6. The method of claim 1, further comprising:

while in connected mode, communicating to the network controller that there is coverage for the second radio access technology.

7. The method of claim 1, where the connected mode supports a data connection.

8. The method of claim 1, where the connected mode supports a packet switched data connection.

9. The method of claim 1, further comprising:

receiving a message from the network controller to switch to the second radio access technology; and

switching the network connection for the first SIM to the second radio access technology.

10. A system comprising:

a radio frequency (RF) communication interface;

system logic in communication with the radio frequency communication interface, the system logic configured to:

share the RF interface between a first subscriber identity module (SIM) and a second SIM according to a first radio access technology;

while in idle mode on both the first SIM and the second SIM, find a cell supported by a second radio access technology that supports higher data rate connections than the first radio access technology; and

suppress connections over the second radio access technology until a predetermined condition is met.

11. The system of claim 10, where the system logic is further configured to monitor while in idle mode for incoming calls for the first SIM and for the second SIM in accordance with the first radio access technology.

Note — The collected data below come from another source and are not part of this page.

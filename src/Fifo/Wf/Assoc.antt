-- ===== src/Fifo/Wf/Assoc.antt =====
-- Association lists that hold each key once: Go's maps, and lists of distinct elements.
use ran.Base.{
  ◌≢◌, ◌⊎◌, ◌≤◌, suc, ◌+◌, List, [], ◌∷◌, ◌++◌, none, some, Eq, length, lookup, insert, erase, ◌≡◌,
  refl, arith, lookup-insert, lookup-erase, if◌then◌else◌,
}

module _ {ℓ κ} {K : Type ℓ} {V : Type κ} ⦃e : Eq K⦄ where
  -- No key occurs twice.
  abbrev pub IsMap : List (K × V) → Type κ
  IsMap [] = Unit
  IsMap ((k, v) ∷ m) = (lookup k m ≡ none) × IsMap m

  pub insert-IsMap : (k : K) (v : V) (m : List (K × V)) → IsMap m → IsMap (insert k v m)
  unfolding lookup insert erase
  insert-IsMap k v [] h = (refl, tt)
  insert-IsMap k v ((j, w) ∷ m) h =
      ground (arith, e.beq_iff j k, e.beq_iff k j, insert-IsMap k v m h.1, lookup-insert k j v m)

  pub erase-IsMap : (k : K) (m : List (K × V)) → IsMap m → IsMap (erase k m)
  unfolding lookup insert erase
  erase-IsMap k [] h = tt
  erase-IsMap k ((j, w) ∷ m) h = ground (arith, erase-IsMap k m h.1, lookup-erase k j m)

  pub lookup-append :
      (j k : K) (v : V) (m : List (K × V))
      → lookup k m ≡ none
      → lookup j (m ++ (k, v) ∷ []) ≡ (if e.beq k j then some v else lookup j m)
  unfolding lookup insert erase
  lookup-append j k v [] h = refl
  lookup-append j k v ((i, w) ∷ m) h =
      ground (arith, e.beq_iff k j, e.beq_iff i k, e.beq_iff i j, lookup-append j k v m)

  pub append-IsMap :
      (k : K) (v : V) (m : List (K × V)) → lookup k m ≡ none → IsMap m → IsMap (m ++ (k, v) ∷ [])
  unfolding lookup insert erase
  append-IsMap k v [] h w = (refl, tt)
  append-IsMap k v ((i, x) ∷ m) h w =
      ground (arith, e.beq_iff i k, e.beq_iff k i, append-IsMap k v m, lookup-append i k v m)

  erase_absent : (k : K) (m : List (K × V)) → lookup k m ≡ none → erase k m ≡ m
  unfolding lookup insert erase
  erase_absent k [] h = refl
  erase_absent k ((j, w) ∷ m) h = ground (arith, erase_absent k m)

  pub length-erase :
      (k : K) (v : V) (m : List (K × V))
      → IsMap m
      → lookup k m ≡ some v
      → suc (length (erase k m)) ≡ length m
  unfolding lookup insert erase
  length-erase k v [] h l = absurd (ground arith)
  length-erase k v ((j, w) ∷ m) h l =
      ground (arith, e.beq_iff j k, erase_absent k m, length-erase k v m h.1)

  pub length-erase-le : (k : K) (m : List (K × V)) → length (erase k m) ≤ length m
  unfolding lookup insert erase
  length-erase-le k [] = omega arith
  length-erase-le k ((j, w) ∷ m) = ground (arith, length-erase-le k m)

  pub length-insert_new :
      (k : K) (v : V) (m : List (K × V)) → lookup k m ≡ none → length (insert k v m) ≡ length m + 1
  unfolding lookup insert erase
  length-insert_new k v [] h = omega arith
  length-insert_new k v ((j, w) ∷ m) h = ground (arith, length-insert_new k v m)

  pub length-insert_old :
      (k : K) (v w : V) (m : List (K × V)) → lookup k m ≡ some w → length (insert k v m) ≡ length m
  unfolding lookup insert erase
  length-insert_old k v w [] h = absurd (ground arith)
  length-insert_old k v w ((j, x) ∷ m) h = ground (arith, length-insert_old k v w m)

  pub lookup-insert_inv :
      (k j : K) (v x : V) (m : List (K × V))
      → lookup j (insert k v m) ≡ some x
      → ((k ≡ j) × (v ≡ x)) ⊎ ((k ≢ j) × (lookup j m ≡ some x))
  lookup-insert_inv k j v x m h = ground (arith, e.beq_iff k j, lookup-insert k j v m)

  pub lookup-erase_inv :
      (k j : K) (x : V) (m : List (K × V))
      → lookup j (erase k m) ≡ some x
      → (k ≢ j) × (lookup j m ≡ some x)
  lookup-erase_inv k j x m h = ground (arith, e.beq_iff k j, lookup-erase k j m)

  pub lookup-append_inv :
      (k j : K) (v x : V) (m : List (K × V))
      → lookup k m ≡ none
      → lookup j (m ++ (k, v) ∷ []) ≡ some x
      → ((k ≡ j) × (v ≡ x)) ⊎ ((k ≢ j) × (lookup j m ≡ some x))
  lookup-append_inv k j v x m a h = ground (arith, e.beq_iff k j, lookup-append j k v m a)

  pub lookup-erase_ne : (k j : K) (m : List (K × V)) → k ≢ j → lookup j (erase k m) ≡ lookup j m
  lookup-erase_ne k j m h = ground (arith, e.beq_iff k j, lookup-erase k j m)

  pub lookup-erase_self : (k : K) (m : List (K × V)) → lookup k (erase k m) ≡ none
  lookup-erase_self k m = ground (arith, e.beq_iff k k, lookup-erase k k m)

  pub lookup-insert_ne :
      (k j : K) (v : V) (m : List (K × V)) → k ≢ j → lookup j (insert k v m) ≡ lookup j m
  lookup-insert_ne k j v m h = ground (arith, e.beq_iff k j, lookup-insert k j v m)

  pub lookup-append_self :
      (k : K) (v : V) (m : List (K × V)) → lookup k m ≡ none → lookup k (m ++ (k, v) ∷ []) ≡ some v
  lookup-append_self k v m h = ground (arith, e.beq_iff k k, lookup-append k k v m h)

  pub lookup-append_ne :
      (k j : K) (v : V) (m : List (K × V))
      → lookup k m ≡ none
      → k ≢ j
      → lookup j (m ++ (k, v) ∷ []) ≡ lookup j m
  lookup-append_ne k j v m h ne = ground (arith, e.beq_iff k j, lookup-append j k v m h)
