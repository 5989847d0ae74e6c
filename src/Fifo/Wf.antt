-- ===== src/Fifo/Wf.antt =====
-- The map and the list of a tracking table agree, and every operation keeps them so.
pub mod Assoc
use native.Mathlib.Decide.{ℕ_discrete}
use ran.Base.{
  List, lookup-insert_self, ◌∙◌, ℕ, suc, ◌+◌, ◌<◌, ◌≤◌, [], ◌∷◌, ◌++◌, none, some, Bytes, length,
  nat_eq, bytes_Eq, lookup, erase, ◌≡◌, refl, ap, ◌⊎◌, inl, inr, arith, lookup-insert, lookup-erase,
  bytes_eq_iff, ==_iff, length-append, Bool-cases, bytes_eq, ◌==◌, Option-cases,
}
use ran.Fifo.{Fifo, empty, size, first, value, find, front, push_back, remove, assign, move_to_back}
use Assoc.{
  IsMap, insert-IsMap, erase-IsMap, append-IsMap, lookup-append, length-erase, length-insert_new,
  length-insert_old, lookup-insert_inv, lookup-erase_inv, lookup-append_inv, lookup-erase_ne,
  lookup-erase_self, lookup-insert_ne, lookup-append_self, lookup-append_ne,
}

first-some {ℓ} :
    {V : Type ℓ} (o : List (ℕ × V)) (i : ℕ) (v : V) → first o ≡ some (i, v) → lookup i o ≡ some v
unfolding lookup
first-some [] i v h = absurd (ground arith)
first-some ((j, u) ∷ o) i v h = ground arith

first-none {ℓ} : {V : Type ℓ} (o : List (ℕ × V)) → first o ≡ none → length o ≡ 0
first-none [] h = refl
first-none (x ∷ o) h = absurd (ground arith)

-- A key that is not in the map does not come into it when an element is taken away.
pub absent-remove {ℓ} :
    {V : Type ℓ} (k j : Bytes) (i : ℕ) (f : Fifo V)
    → lookup k f.index ≡ none
    → lookup k (remove j i f).index ≡ none
unfolding remove
absent-remove k j i f h = ground (arith, lookup-erase j k f.index)

module _ {ℓ} {V : Type ℓ} (key : V → Bytes) where
  -- Each key leads to the element that carries it, each element is led to by its key, and an
  -- element that is still to be made is not in the list.
  pub record Wf (f : Fifo V) : Type ℓ where
    pub index_map : IsMap f.index
    pub order_map : IsMap f.order
    pub indexed :
        (k : Bytes) (i : ℕ)
        → lookup k f.index ≡ some i
        → (v : V) × (lookup i f.order ≡ some v) × (key v ≡ k)
    pub listed : (i : ℕ) (v : V) → lookup i f.order ≡ some v → lookup (key v) f.index ≡ some i
    pub fresh : (i : ℕ) (v : V) → lookup i f.order ≡ some v → i < f.next
    pub same_size : length f.index ≡ length f.order

  pub empty-Wf : Wf empty
  unfolding lookup
  empty-Wf = record {
    index_map = tt;
    order_map = tt;
    indexed = λ k i h. absurd (ground arith);
    listed = λ i v h. absurd (ground arith);
    fresh = λ i v h. absurd (ground arith);
    same_size = refl;
  }

  -- What a lookup in the map finds.
  pub find-some :
      (f : Fifo V) (k : Bytes) (i : ℕ) (v : V)
      → Wf f
      → find k f ≡ some (i, v)
      → (lookup i f.order ≡ some v) × (key v ≡ k) × (lookup k f.index ≡ some i)
  find-some f k i v w h = elim (Option-cases (lookup k f.index)) [
    | inl e ↦ absurd (ground arith)
    | inr (j, e) ↦ let (u, at, ku) = w.indexed k j e in (ground arith, ground arith, ground arith)
  ]

  pub find-none : (f : Fifo V) (k : Bytes) → Wf f → find k f ≡ none → lookup k f.index ≡ none
  find-none f k w h = elim (Option-cases (lookup k f.index)) [
    | inl e ↦ e
    | inr (j, e) ↦ let (u, at, ku) = w.indexed k j e in absurd (ground arith)
  ]

  pub front-some : (f : Fifo V) (i : ℕ) (v : V) → front f ≡ some (i, v) → lookup i f.order ≡ some v
  front-some f i v h = first-some f.order i v h

  -- A table whose list has no front is empty.
  pub front-none : (f : Fifo V) → Wf f → front f ≡ none → size f ≡ 0
  front-none f w h = w.same_size ∙ first-none f.order h

  module _ (f : Fifo V) (w : Wf f) where
    absent_next : lookup f.next f.order ≡ none
    absent_next = elim (Option-cases (lookup f.next f.order)) [
      | inl e ↦ e
      | inr (v, e) ↦ absurd (omega (arith, w.fresh f.next v e))
    ]

    pub push_back-Wf : (v : V) → lookup (key v) f.index ≡ none → Wf (push_back (key v) v f)
    unfolding push_back
    push_back-Wf v h = record {
      index_map = insert-IsMap (key v) f.next f.index w.index_map;
      order_map = append-IsMap f.next v f.order absent_next w.order_map;
      indexed = λ k i e. elim (lookup-insert_inv (key v) k f.next i f.index e) [
        | inl (p, q) ↦ (v, rw (← q) (lookup-append_self f.next v f.order absent_next), p)
        | inr (p, q) ↦
            let (u, at, ku) = w.indexed k i q in
            (
              u,
              lookup-append_ne f.next i v f.order absent_next (ground (arith, w.fresh i u at)) ∙ at,
              ku,
            )
      ];
      listed = λ i u e. elim (lookup-append_inv f.next i v u f.order absent_next e) [
        | inl (p, q) ↦ rw (← q, ← p) (lookup-insert_self (key v) f.next f.index)
        | inr (p, q) ↦
            lookup-insert_ne (key v) (key u) f.next f.index (λ x. ground (arith, w.listed i u q))
            ∙ w.listed i u q
      ];
      fresh = λ i u e. elim (lookup-append_inv f.next i v u f.order absent_next e) [
        | inl (p, q) ↦ omega arith
        | inr (p, q) ↦ omega (arith, w.fresh i u q)
      ];
      same_size = omega (
        arith,
        w.same_size,
        length-insert_new (key v) f.next f.index h,
        length-append f.order ((f.next, v) ∷ []),
      );
    }

    pub remove-Wf : (i : ℕ) (v : V) → lookup i f.order ≡ some v → Wf (remove (key v) i f)
    unfolding remove
    remove-Wf i v h = record {
      index_map = erase-IsMap (key v) f.index w.index_map;
      order_map = erase-IsMap i f.order w.order_map;
      indexed = λ k j e.
          let (ne, e') = lookup-erase_inv (key v) k j f.index e in
          let (u, at, ku) = w.indexed k j e' in
          (u, lookup-erase_ne i j f.order (λ p. ne (ground arith)) ∙ at, ku);
      listed = λ j u e.
          let (ne, e') = lookup-erase_inv i j u f.order e in
          lookup-erase_ne (key v) (key u) f.index
            (λ p. ne (ground (arith, w.listed i v h, w.listed j u e')))
          ∙ w.listed j u e';
      fresh = λ j u e. w.fresh j u (lookup-erase_inv i j u f.order e).1;
      same_size = omega (
        arith,
        w.same_size,
        length-erase (key v) i f.index w.index_map (w.listed i v h),
        length-erase i v f.order w.order_map h,
      );
    }

    pub assign-Wf :
        (i : ℕ) (v u : V) → lookup i f.order ≡ some v → key u ≡ key v → Wf (assign i u f)
    unfolding assign
    assign-Wf i v u h same = record {
      index_map = w.index_map;
      order_map = insert-IsMap i u f.order w.order_map;
      indexed = λ k j e.
          let (x, at, kx) = w.indexed k j e in
          elim (ℕ_discrete i j) [
            | yes p ↦ (u, rw (← p) (lookup-insert_self i u f.order), ground arith)
            | no ne ↦ (x, lookup-insert_ne i j u f.order ne ∙ at, kx)
          ];
      listed = λ j x e. elim (lookup-insert_inv i j u x f.order e) [
        | inl (p, q) ↦ rw (← p, ← q, same) (w.listed i v h)
        | inr (p, q) ↦ w.listed j x q
      ];
      fresh = λ j x e. elim (lookup-insert_inv i j u x f.order e) [
        | inl (p, q) ↦ omega (arith, w.fresh i v h)
        | inr (p, q) ↦ w.fresh j x q
      ];
      same_size = omega (arith, w.same_size, length-insert_old i u v f.order h);
    }

    pub move_to_back-Wf : (i : ℕ) (v : V) → lookup i f.order ≡ some v → Wf (move_to_back i v f)
    unfolding move_to_back
    move_to_back-Wf i v h =
        let gone = lookup-erase_self i f.order in
        record {
          index_map = w.index_map;
          order_map = append-IsMap i v (erase i f.order) gone (erase-IsMap i f.order w.order_map);
          indexed = λ k j e.
              let (x, at, kx) = w.indexed k j e in
              elim (ℕ_discrete i j) [
                | yes p ↦
                    (v, rw (← p) (lookup-append_self i v (erase i f.order) gone), ground arith)
                | no ne ↦ (
                  x,
                  lookup-append_ne i j v (erase i f.order) gone ne
                      ∙ lookup-erase_ne i j f.order ne
                      ∙ at,
                  kx,
                )
              ];
          listed = λ j x e. elim (lookup-append_inv i j v x (erase i f.order) gone e) [
            | inl (p, q) ↦ rw (← p, ← q) (w.listed i v h)
            | inr (p, q) ↦ w.listed j x (lookup-erase_inv i j x f.order q).1
          ];
          fresh = λ j x e. elim (lookup-append_inv i j v x (erase i f.order) gone e) [
            | inl (p, q) ↦ omega (arith, w.fresh i v h)
            | inr (p, q) ↦ w.fresh j x (lookup-erase_inv i j x f.order q).1
          ];
          same_size = omega (
            arith,
            w.same_size,
            length-append (erase i f.order) ((i, v) ∷ []),
            length-erase i v f.order w.order_map h,
          );
        }

    -- The sizes after each operation.
    pub size-remove :
        (i : ℕ) (v : V) → lookup i f.order ≡ some v → suc (size (remove (key v) i f)) ≡ size f
    unfolding remove
    size-remove i v h = length-erase (key v) i f.index w.index_map (w.listed i v h)

    pub size-push_back :
        (v : V) → lookup (key v) f.index ≡ none → size (push_back (key v) v f) ≡ size f + 1
    unfolding push_back
    size-push_back v h = length-insert_new (key v) f.next f.index h

    pub size-assign : (i : ℕ) (v : V) → size (assign i v f) ≡ size f
    unfolding assign
    size-assign i v = refl

    pub size-move_to_back : (i : ℕ) (v : V) → size (move_to_back i v f) ≡ size f
    unfolding move_to_back
    size-move_to_back i v = refl

    pub lookup-assign : (i : ℕ) (v : V) → lookup i (assign i v f).order ≡ some v
    unfolding assign
    lookup-assign i v = lookup-insert_self i v f.order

12. The system of claim 10, where the predetermined condition comprises: an established connection for the first SIM in accordance with the first radio access technology.

13. The system of claim 12, where the established connection comprises a packet switched connection.

14. The system of claim 10, where the predetermined condition comprises:

an established connection for the first SIM in accordance with the first radio access technology; and

a target data rate for the established connection that exceeds what the first radio access technology can provide.

15. The system of claim 10, where the system logic is configured to suppress connections by:

while in idle mode, communicating to a network controller that the second radio access technology is supported; and

communicating to the network controller that there is no coverage for the second radio access technology.

16. The system of claim 10, where the system logic is configured to suppress connections by:

determining that there is coverage for the second radio access technology; and

while in idle mode:

communicating to a network controller that the second radio access technology is supported; and

communicating to the network controller that there is no coverage for the second radio access technology, even though it has been determined that there is coverage for the second radio access technology.

17. The system of claim 10, where the system logic is further configured to:

enter connected mode for the first SIM; and

communicate to a network controller that there is coverage for the second radio access technology.

18. The system of claim 10, where the where the system logic is further configured to:

enter connected mode for the first SIM;

communicate to the network controller that there is coverage for the second radio access technology; and

switch the connected mode for the first SM to the second radio access technology.

19. The system of claim 18, where the system logic is further configured to switch to the second radio access technology upon receipt of an inter-radio access technology (RAT) handover message received from a network controller.

20. The system of claim 10, where the system logic is further configured to:

enter connected mode for the first SIM;

communicate to the network controller that there is coverage for the second radio access technology after determining that a target data rate for the connected mode exceeds what the first radio access technology can provide; and

switch the connected mode for the first SIM to the second radio access technology when instructed by a network controller.